• _Description of the task_:
Output the data below exactly. Leave nothing out.

Collected data
_ _ _

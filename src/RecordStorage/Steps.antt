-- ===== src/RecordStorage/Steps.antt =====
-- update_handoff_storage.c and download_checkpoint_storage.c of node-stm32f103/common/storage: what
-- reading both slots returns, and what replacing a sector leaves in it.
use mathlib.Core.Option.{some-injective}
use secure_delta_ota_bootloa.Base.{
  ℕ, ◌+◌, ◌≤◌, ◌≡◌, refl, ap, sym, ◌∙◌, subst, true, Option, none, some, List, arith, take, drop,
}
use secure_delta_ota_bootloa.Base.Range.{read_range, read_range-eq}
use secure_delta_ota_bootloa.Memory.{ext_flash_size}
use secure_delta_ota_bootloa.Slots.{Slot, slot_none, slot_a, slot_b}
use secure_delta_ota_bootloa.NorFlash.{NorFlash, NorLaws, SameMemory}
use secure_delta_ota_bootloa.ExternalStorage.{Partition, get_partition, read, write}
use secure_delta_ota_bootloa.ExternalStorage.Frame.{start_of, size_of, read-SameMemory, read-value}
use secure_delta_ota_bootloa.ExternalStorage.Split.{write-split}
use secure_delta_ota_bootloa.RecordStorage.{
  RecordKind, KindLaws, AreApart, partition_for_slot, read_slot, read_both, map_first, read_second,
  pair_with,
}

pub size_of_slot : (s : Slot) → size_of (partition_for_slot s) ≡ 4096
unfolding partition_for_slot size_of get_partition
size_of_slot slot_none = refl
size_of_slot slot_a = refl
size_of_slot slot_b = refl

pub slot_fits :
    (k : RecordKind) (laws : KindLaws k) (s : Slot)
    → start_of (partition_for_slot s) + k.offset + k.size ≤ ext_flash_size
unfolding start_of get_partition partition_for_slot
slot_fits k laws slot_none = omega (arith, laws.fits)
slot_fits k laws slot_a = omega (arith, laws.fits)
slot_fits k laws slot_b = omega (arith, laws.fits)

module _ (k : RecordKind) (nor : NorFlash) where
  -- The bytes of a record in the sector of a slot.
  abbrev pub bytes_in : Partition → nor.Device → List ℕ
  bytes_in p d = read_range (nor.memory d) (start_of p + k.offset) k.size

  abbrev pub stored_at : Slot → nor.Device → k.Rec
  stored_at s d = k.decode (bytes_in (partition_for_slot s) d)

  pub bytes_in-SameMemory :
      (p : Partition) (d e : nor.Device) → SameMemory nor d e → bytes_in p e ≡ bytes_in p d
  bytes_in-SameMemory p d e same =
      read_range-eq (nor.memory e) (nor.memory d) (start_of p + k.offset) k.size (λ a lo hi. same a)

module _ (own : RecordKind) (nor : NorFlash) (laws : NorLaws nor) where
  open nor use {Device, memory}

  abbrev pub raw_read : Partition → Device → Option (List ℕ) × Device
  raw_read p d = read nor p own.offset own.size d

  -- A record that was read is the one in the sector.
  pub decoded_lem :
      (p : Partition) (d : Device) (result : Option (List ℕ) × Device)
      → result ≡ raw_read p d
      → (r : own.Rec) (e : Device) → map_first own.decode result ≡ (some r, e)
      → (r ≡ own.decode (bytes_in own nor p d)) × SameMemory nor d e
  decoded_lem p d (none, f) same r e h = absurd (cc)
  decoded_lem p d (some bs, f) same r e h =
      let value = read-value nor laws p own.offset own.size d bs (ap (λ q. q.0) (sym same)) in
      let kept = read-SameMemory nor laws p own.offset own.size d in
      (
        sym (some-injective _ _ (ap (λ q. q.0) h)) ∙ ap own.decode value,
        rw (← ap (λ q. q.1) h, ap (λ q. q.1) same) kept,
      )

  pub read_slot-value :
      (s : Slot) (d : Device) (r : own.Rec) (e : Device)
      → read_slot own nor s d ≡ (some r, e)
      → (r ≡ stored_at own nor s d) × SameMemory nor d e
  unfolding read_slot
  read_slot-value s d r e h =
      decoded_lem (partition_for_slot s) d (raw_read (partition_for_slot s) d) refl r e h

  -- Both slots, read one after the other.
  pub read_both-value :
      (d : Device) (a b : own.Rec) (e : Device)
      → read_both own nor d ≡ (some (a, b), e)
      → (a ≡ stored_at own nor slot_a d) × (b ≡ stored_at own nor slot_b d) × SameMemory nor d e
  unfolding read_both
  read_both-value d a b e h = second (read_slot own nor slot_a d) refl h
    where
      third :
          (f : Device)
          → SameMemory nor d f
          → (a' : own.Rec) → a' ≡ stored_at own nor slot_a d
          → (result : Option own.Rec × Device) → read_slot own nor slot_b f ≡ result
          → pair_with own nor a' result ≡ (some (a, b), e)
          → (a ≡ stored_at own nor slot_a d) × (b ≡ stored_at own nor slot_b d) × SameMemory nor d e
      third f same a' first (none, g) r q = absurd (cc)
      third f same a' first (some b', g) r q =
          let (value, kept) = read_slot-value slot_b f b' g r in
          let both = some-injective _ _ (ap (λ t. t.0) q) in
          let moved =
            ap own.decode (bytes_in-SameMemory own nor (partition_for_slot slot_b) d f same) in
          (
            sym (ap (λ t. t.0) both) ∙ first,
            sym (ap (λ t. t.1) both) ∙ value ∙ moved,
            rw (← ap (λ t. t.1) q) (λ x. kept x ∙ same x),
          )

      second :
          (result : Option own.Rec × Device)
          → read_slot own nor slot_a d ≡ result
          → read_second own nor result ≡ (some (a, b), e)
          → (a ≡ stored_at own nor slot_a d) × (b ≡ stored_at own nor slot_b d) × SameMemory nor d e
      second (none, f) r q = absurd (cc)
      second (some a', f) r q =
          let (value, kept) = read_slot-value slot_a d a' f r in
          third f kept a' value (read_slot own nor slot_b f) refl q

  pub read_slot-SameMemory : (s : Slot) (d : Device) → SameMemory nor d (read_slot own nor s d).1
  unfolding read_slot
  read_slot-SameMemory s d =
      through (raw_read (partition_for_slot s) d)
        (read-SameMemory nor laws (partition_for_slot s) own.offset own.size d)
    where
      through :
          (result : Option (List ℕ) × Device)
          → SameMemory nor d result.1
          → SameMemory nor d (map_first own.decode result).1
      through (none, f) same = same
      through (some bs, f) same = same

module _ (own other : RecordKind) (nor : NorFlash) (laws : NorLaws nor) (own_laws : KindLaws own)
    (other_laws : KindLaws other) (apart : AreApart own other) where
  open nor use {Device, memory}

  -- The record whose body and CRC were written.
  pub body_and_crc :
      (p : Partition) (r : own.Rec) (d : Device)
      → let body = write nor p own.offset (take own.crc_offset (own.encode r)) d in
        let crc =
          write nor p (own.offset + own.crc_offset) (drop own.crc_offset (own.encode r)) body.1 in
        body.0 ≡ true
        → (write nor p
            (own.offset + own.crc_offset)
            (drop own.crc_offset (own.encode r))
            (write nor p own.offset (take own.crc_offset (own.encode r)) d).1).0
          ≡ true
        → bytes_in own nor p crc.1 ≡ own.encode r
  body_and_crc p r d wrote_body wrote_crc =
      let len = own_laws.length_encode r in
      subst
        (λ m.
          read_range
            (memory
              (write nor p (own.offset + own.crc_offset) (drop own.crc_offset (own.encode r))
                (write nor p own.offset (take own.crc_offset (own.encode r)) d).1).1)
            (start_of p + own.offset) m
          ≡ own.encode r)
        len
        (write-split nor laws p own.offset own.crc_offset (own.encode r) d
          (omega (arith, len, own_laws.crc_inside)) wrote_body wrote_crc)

_ _ _

• _Response to the task_:
filename src/RecordStorage/Steps.antt
-- ===== src/RecordStorage/Steps.antt =====
-- update_handoff_storage.c and download_checkpoint_storage.c of node-stm32f103/common/storage: what
-- reading both slots returns, and what replacing a sector leaves in it.
use mathlib.Core.Option.{some-injective}
use secure_delta_ota_bootloa.Base.{
  ℕ, ◌+◌, ◌≤◌, ◌≡◌, refl, ap, sym, ◌∙◌, subst, true, Option, none, some, List, arith, take, drop,
}
use secure_delta_ota_bootloa.Base.Range.{read_range, read_range-eq}
use secure_delta_ota_bootloa.Memory.{ext_flash_size}
use secure_delta_ota_bootloa.Slots.{Slot, slot_none, slot_a, slot_b}
use secure_delta_ota_bootloa.NorFlash.{NorFlash, NorLaws, SameMemory}
use secure_delta_ota_bootloa.ExternalStorage.{Partition, get_partition, read, write}
use secure_delta_ota_bootloa.ExternalStorage.Frame.{start_of, size_of, read-SameMemory, read-value}
use secure_delta_ota_bootloa.ExternalStorage.Split.{write-split}
use secure_delta_ota_bootloa.RecordStorage.{
  RecordKind, KindLaws, AreApart, partition_for_slot, read_slot, read_both, map_first, read_second,
  pair_with,
}

pub size_of_slot : (s : Slot) → size_of (partition_for_slot s) ≡ 4096
unfolding partition_for_slot size_of get_partition
size_of_slot slot_none = refl
size_of_slot slot_a = refl
size_of_slot slot_b = refl

pub slot_fits :
    (k : RecordKind) (laws : KindLaws k) (s : Slot)
    → start_of (partition_for_slot s) + k.offset + k.size ≤ ext_flash_size
unfolding start_of get_partition partition_for_slot
slot_fits k laws slot_none = omega (arith, laws.fits)
slot_fits k laws slot_a = omega (arith, laws.fits)
slot_fits k laws slot_b = omega (arith, laws.fits)

module _ (k : RecordKind) (nor : NorFlash) where
  -- The bytes of a record in the sector of a slot.
  abbrev pub bytes_in : Partition → nor.Device → List ℕ
  bytes_in p d = read_range (nor.memory d) (start_of p + k.offset) k.size

  abbrev pub stored_at : Slot → nor.Device → k.Rec
  stored_at s d = k.decode (bytes_in (partition_for_slot s) d)

  pub bytes_in-SameMemory :
      (p : Partition) (d e : nor.Device) → SameMemory nor d e → bytes_in p e ≡ bytes_in p d
  bytes_in-SameMemory p d e same =
      read_range-eq (nor.memory e) (nor.memory d) (start_of p + k.offset) k.size (λ a lo hi. same a)

module _ (own : RecordKind) (nor : NorFlash) (laws : NorLaws nor) where
  open nor use {Device, memory}

  abbrev pub raw_read : Partition → Device → Option (List ℕ) × Device
  raw_read p d = read nor p own.offset own.size d

  -- A record that was read is the one in the sector.
  pub decoded_lem :
      (p : Partition) (d : Device) (result : Option (List ℕ) × Device)
      → result ≡ raw_read p d
      → (r : own.Rec) (e : Device) → map_first own.decode result ≡ (some r, e)
      → (r ≡ own.decode (bytes_in own nor p d)) × SameMemory nor d e
  decoded_lem p d (none, f) same r e h = absurd (cc)
  decoded_lem p d (some bs, f) same r e h =
      let value = read-value nor laws p own.offset own.size d bs (ap (λ q. q.0) (sym same)) in
      let kept = read-SameMemory nor laws p own.offset own.size d in
      (
        sym (some-injective _ _ (ap (λ q. q.0) h)) ∙ ap own.decode value,
        rw (← ap (λ q. q.1) h, ap (λ q. q.1) same) kept,
      )

  pub read_slot-value :
      (s : Slot) (d : Device) (r : own.Rec) (e : Device)
      → read_slot own nor s d ≡ (some r, e)
      → (r ≡ stored_at own nor s d) × SameMemory nor d e
  unfolding read_slot
  read_slot-value s d r e h =
      decoded_lem (partition_for_slot s) d (raw_read (partition_for_slot s) d) refl r e h

  -- Both slots, read one after the other.
  pub read_both-value :
      (d : Device) (a b : own.Rec) (e : Device)
      → read_both own nor d ≡ (some (a, b), e)
      → (a ≡ stored_at own nor slot_a d) × (b ≡ stored_at own nor slot_b d) × SameMemory nor d e
  unfolding read_both
  read_both-value d a b e h = second (read_slot own nor slot_a d) refl h
    where
      third :
          (f : Device)
          → SameMemory nor d f
          → (a' : own.Rec) → a' ≡ stored_at own nor slot_a d
          → (result : Option own.Rec × Device) → read_slot own nor slot_b f ≡ result
          → pair_with own nor a' result ≡ (some (a, b), e)
          → (a ≡ stored_at own nor slot_a d) × (b ≡ stored_at own nor slot_b d) × SameMemory nor d e
      third f same a' first (none, g) r q = absurd (cc)
      third f same a' first (some b', g) r q =
          let (value, kept) = read_slot-value slot_b f b' g r in
          let both = some-injective _ _ (ap (λ t. t.0) q) in
          let moved =
            ap own.decode (bytes_in-SameMemory own nor (partition_for_slot slot_b) d f same) in
          (
            sym (ap (λ t. t.0) both) ∙ first,
            sym (ap (λ t. t.1) both) ∙ value ∙ moved,
            rw (← ap (λ t. t.1) q) (λ x. kept x ∙ same x),
          )

      second :
          (result : Option own.Rec × Device)
          → read_slot own nor slot_a d ≡ result
          → read_second own nor result ≡ (some (a, b), e)
          → (a ≡ stored_at own nor slot_a d) × (b ≡ stored_at own nor slot_b d) × SameMemory nor d e
      second (none, f) r q = absurd (cc)
      second (some a', f) r q =
          let (value, kept) = read_slot-value slot_a d a' f r in
          third f kept a' value (read_slot own nor slot_b f) refl q

  pub read_slot-SameMemory : (s : Slot) (d : Device) → SameMemory nor d (read_slot own nor s d).1
  unfolding read_slot
  read_slot-SameMemory s d =
      through (raw_read (partition_for_slot s) d)
        (read-SameMemory nor laws (partition_for_slot s) own.offset own.size d)
    where
      through :
          (result : Option (List ℕ) × Device)
          → SameMemory nor d result.1
          → SameMemory nor d (map_first own.decode result).1
      through (none, f) same = same
      through (some bs, f) same = same

module _ (own other : RecordKind) (nor : NorFlash) (laws : NorLaws nor) (own_laws : KindLaws own)
    (other_laws : KindLaws other) (apart : AreApart own other) where
  open nor use {Device, memory}

  -- The record whose body and CRC were written.
  pub body_and_crc :
      (p : Partition) (r : own.Rec) (d : Device)
      → let body = write nor p own.offset (take own.crc_offset (own.encode r)) d in
        let crc =
          write nor p (own.offset + own.crc_offset) (drop own.crc_offset (own.encode r)) body.1 in
        body.0 ≡ true
        → (write nor p
            (own.offset + own.crc_offset)
            (drop own.crc_offset (own.encode r))
            (write nor p own.offset (take own.crc_offset (own.encode r)) d).1).0
          ≡ true
        → bytes_in own nor p crc.1 ≡ own.encode r
  body_and_crc p r d wrote_body wrote_crc =
      let len = own_laws.length_encode r in
      subst
        (λ m.
          read_range
            (memory
              (write nor p (own.offset + own.crc_offset) (drop own.crc_offset (own.encode r))
                (write nor p own.offset (take own.crc_offset (own.encode r)) d).1).1)
            (start_of p + own.offset) m
          ≡ own.encode r)
        len
        (write-split nor laws p own.offset own.crc_offset (own.encode r) d
          (omega (arith, len, own_laws.crc_inside)) wrote_body wrote_crc)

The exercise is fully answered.